Harapan Terakhir di Biodiversitas Dunia

Penulis : Aryo Bhawono

Biodiversitas

Rabu, 30 November 2022

Editor : Sandy Indra Pratama

BETAHITA.ID -  KTT Keanekaragaman Hayati PBB yang akan digelar pada Desember nanti menjadi kesempatan terbaik sekaligus pamungkas untuk menghentikan dan membalikkan kondisi buruk lingkungan. Sebanyak 200 negara akan bertemu di Montreal, Kanada, untuk menyepakati kesepakatan penting untuk melindungi alam.

Ketua Badan Lingkungan Inggris, Natural England, mengatakan negara-negara harus bersatu dan menyetujui rencana ambisius. Menurutnya pertemuan ini tak hanya berbicara tentang tentang penyelamatan spesies langka..

"Ini tentang mempertahankan jaringan kehidupan yang pada akhirnya bergantung pada manusia, untuk pengaturan makanan, air, kesehatan, dan iklim," kata Kepala Natural England, Tony Juniper, seperti dikutip dari BBC.

Pada hari Rabu (23/11/2022), Natural England dan lembaga pemerintah lainnya menetapkan visi mereka untuk memulihkan alam di sebuah acara di Royal Society di London, menjelang pembicaraan yang telah lama tertunda.

Pauline dan bayinya, Pancaran, yang lahir pada Juni 2020 di kawasan Suaka Margasatwa Lamandau, Kalimantan Tengah. Foto: KLHK

Menteri Urusan International Nature Inggris, Lord Benyon mengungkapkan lingkungan alam yang sehat adalah landasan bagi iklim yang sehat, persediaan air yang aman dan bersih, serta persediaan makanan yang tangguh. 

Keanekaragaman hayati mengacu pada semua makhluk hidup di dunia dan bagaimana mereka berelasi dalam jaringan kehidupan. Kerangka Kerja Keanekaragaman Hayati Global yang disepakati dalam Perjanjian Iklim Paris menyebutkan soal kesetaraan alam. 

Beberapa ambisi utama untuk KTT keanekaragaman hayati kali ini meliputi, pertama mengubah 30 persen daratan dan lautan Bumi menjadi kawasan lindung pada tahun 2030. Kedua, memastikan visi bersama untuk hidup selaras dengan alam terpenuhi pada tahun 2050. 

Dan ketiga, meninggalkan subsidi yang merusak lingkungan sekaligus memulihkan ekosistem yang rusak.

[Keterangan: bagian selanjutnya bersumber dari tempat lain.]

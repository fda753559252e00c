-- ===== src/Repository/Scans.antt =====
-- internal/repository/payment_repository.go: the lookup by reference and the two scans of the jobs.
use text.Mathlib.Text.{◌==◌ as str_eq}
use pg_aggregator_back.Common.{
  ℕ, String, Bool, true, not, ◌+◌, ◌&&◌, ◌||◌, Option, none, some, List, [], ◌∷◌, ltb, leb, take,
  filter, sort_by, ◌==◌, if◌then◌else◌,
}
use pg_aggregator_back.Errors.{ok}
use pg_aggregator_back.Payment.{Payment, pending, expired, status_eq, is_production}
use pg_aggregator_back.Store.Action.{Sql, query}
use pg_aggregator_back.Repository.Payments.{or_not_found}

abbrev find_with_reference : String → List Payment → Option Payment
find_with_reference ref [] = none
find_with_reference ref (p ∷ ps) =
    if str_eq p.reference ref then some p else find_with_reference ref ps

-- `GetByReference`
unfoldable pub get_by_reference : String → Sql Payment
get_by_reference ref = query (λ d. or_not_found (find_with_reference ref d.payments))

abbrev pub deadline : Payment → ℕ
deadline p = p.expires_at

-- The WHERE of ListExpiredPending, for the instant `now` less `grace`.
abbrev pub is_overdue : ℕ → ℕ → Payment → Bool
is_overdue now grace p = status_eq p.status pending && ltb (p.expires_at + grace) now

-- `ListExpiredPending`, with `before` = `now` - `grace`.
unfoldable pub list_expired_pending : ℕ → ℕ → ℕ → Sql (List Payment)
list_expired_pending now grace limit = query (λ d. ok (
    take (if limit == 0 then 100 else limit)
      (sort_by deadline (filter (is_overdue now grace) d.payments))))

-- (created_at, id) of the last row of a page.
pub record ReconcileCursor : Type 0 where
  pub created_at : ℕ
  pub id : ℕ

-- `(created_at, id) < (…)`, as PostgreSQL compares rows.
abbrev pub row_less : ℕ → ℕ → ℕ → ℕ → Bool
row_less created id created' id' = ltb created created' || created == created' && ltb id id'

abbrev pub after_cursor : Option ReconcileCursor → Payment → Bool
after_cursor none p = true
after_cursor (some k) p = row_less p.created_at p.id k.created_at k.id

abbrev pub no_text : Option String → Bool
no_text none = true
no_text (some s) = str_eq s ""

-- The two windows of a scan, in seconds.
pub record Windows : Type 0 where
  pub pending_window : ℕ
  pub expired_window : ℕ

-- The WHERE of ListReconcileCandidates without the cursor; `flagged` says which payments have an
-- event with a provider-side amount mismatch.
abbrev pub is_candidate : (ℕ → Bool) → Windows → ℕ → Payment → Bool
is_candidate flagged w now p =
    is_production p.environment
    && not (no_text p.provider_reference)
    && (status_eq p.status pending && leb now (p.created_at + w.pending_window)
        || status_eq p.status expired && leb now (p.expires_at + w.expired_window))
    && not (flagged p.id)

-- ORDER BY created_at DESC, id DESC
abbrev pub insert_newest : Payment → List Payment → List Payment
insert_newest x [] = x ∷ []
insert_newest x (y ∷ ys) =
    if row_less x.created_at x.id y.created_at y.id then y ∷ insert_newest x ys else x ∷ y ∷ ys

abbrev pub newest_first : List Payment → List Payment
newest_first [] = []
newest_first (x ∷ xs) = insert_newest x (newest_first xs)

unfoldable pub reconcile_page :
    (Payment → Bool) → ℕ → Option ReconcileCursor → List Payment → List Payment
reconcile_page candidate limit after ps =
    take (if limit == 0 then 50 else limit)
      (newest_first (filter (λ p. candidate p && after_cursor after p) ps))

-- `ListReconcileCandidates`
unfoldable pub list_reconcile_candidates :
    (ℕ → Bool) → ℕ → Windows → ℕ → Option ReconcileCursor → Sql (List Payment)
unfolding reconcile_page
list_reconcile_candidates flagged now w limit after =
    query (λ d. ok (reconcile_page (is_candidate flagged w now) limit after d.payments))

KTT Keanekaragaman Hayati dilaksanakan saat hasil COP 27 di Mesir dianggap mengecewakan. 

Sementara badan amal satwa liar, WWF menyambut baik dana untuk kerugian dan kerusakan akibat perubahan iklim yang ditetapkan dalam kesepakatan akhir di COP 27.

Kepala Kebijakan Iklim di WWF, Dr Fernanda Carvalho, mengatakan seluruh pihak harus ingat bahwa krisis iklim dan krisis keanekaragaman hayati adalah krisis yang menentukan di zaman ini. 

“Jika tidak ditangani kita mungkin tidak memiliki planet untuk ditinggali,” ucapnya.

Pemerintah Inggris sendiri telah berkomitmen untuk melindungi 30 persen daratan dan lautan pada tahun 2030.

Menurut Wildlife Trusts, hanya sedikit kemajuan yang dicapai hingga saat ini, dengan hanya 3 persen daratan dan 8 persen laut yang dilindungi secara efektif pada tahun 2022.

Pemerintah juga menghadapi kritik dari para juru kampanye alam karena melewatkan tenggat waktu untuk menetapkan target pada alam seperti yang disyaratkan oleh Undang-Undang Lingkungan Hidup Inggris.

KTT di Montreal berlangsung hampir tiga tahun lebih lambat dari rencana semula, karena penundaan berulang yang disebabkan oleh pandemi Covid. Hal ini menyisakan dunia tanpa target pada dekade ini untuk menghentikan kepunahan dan membalikkan kerusakan lingkungan di seluruh dunia.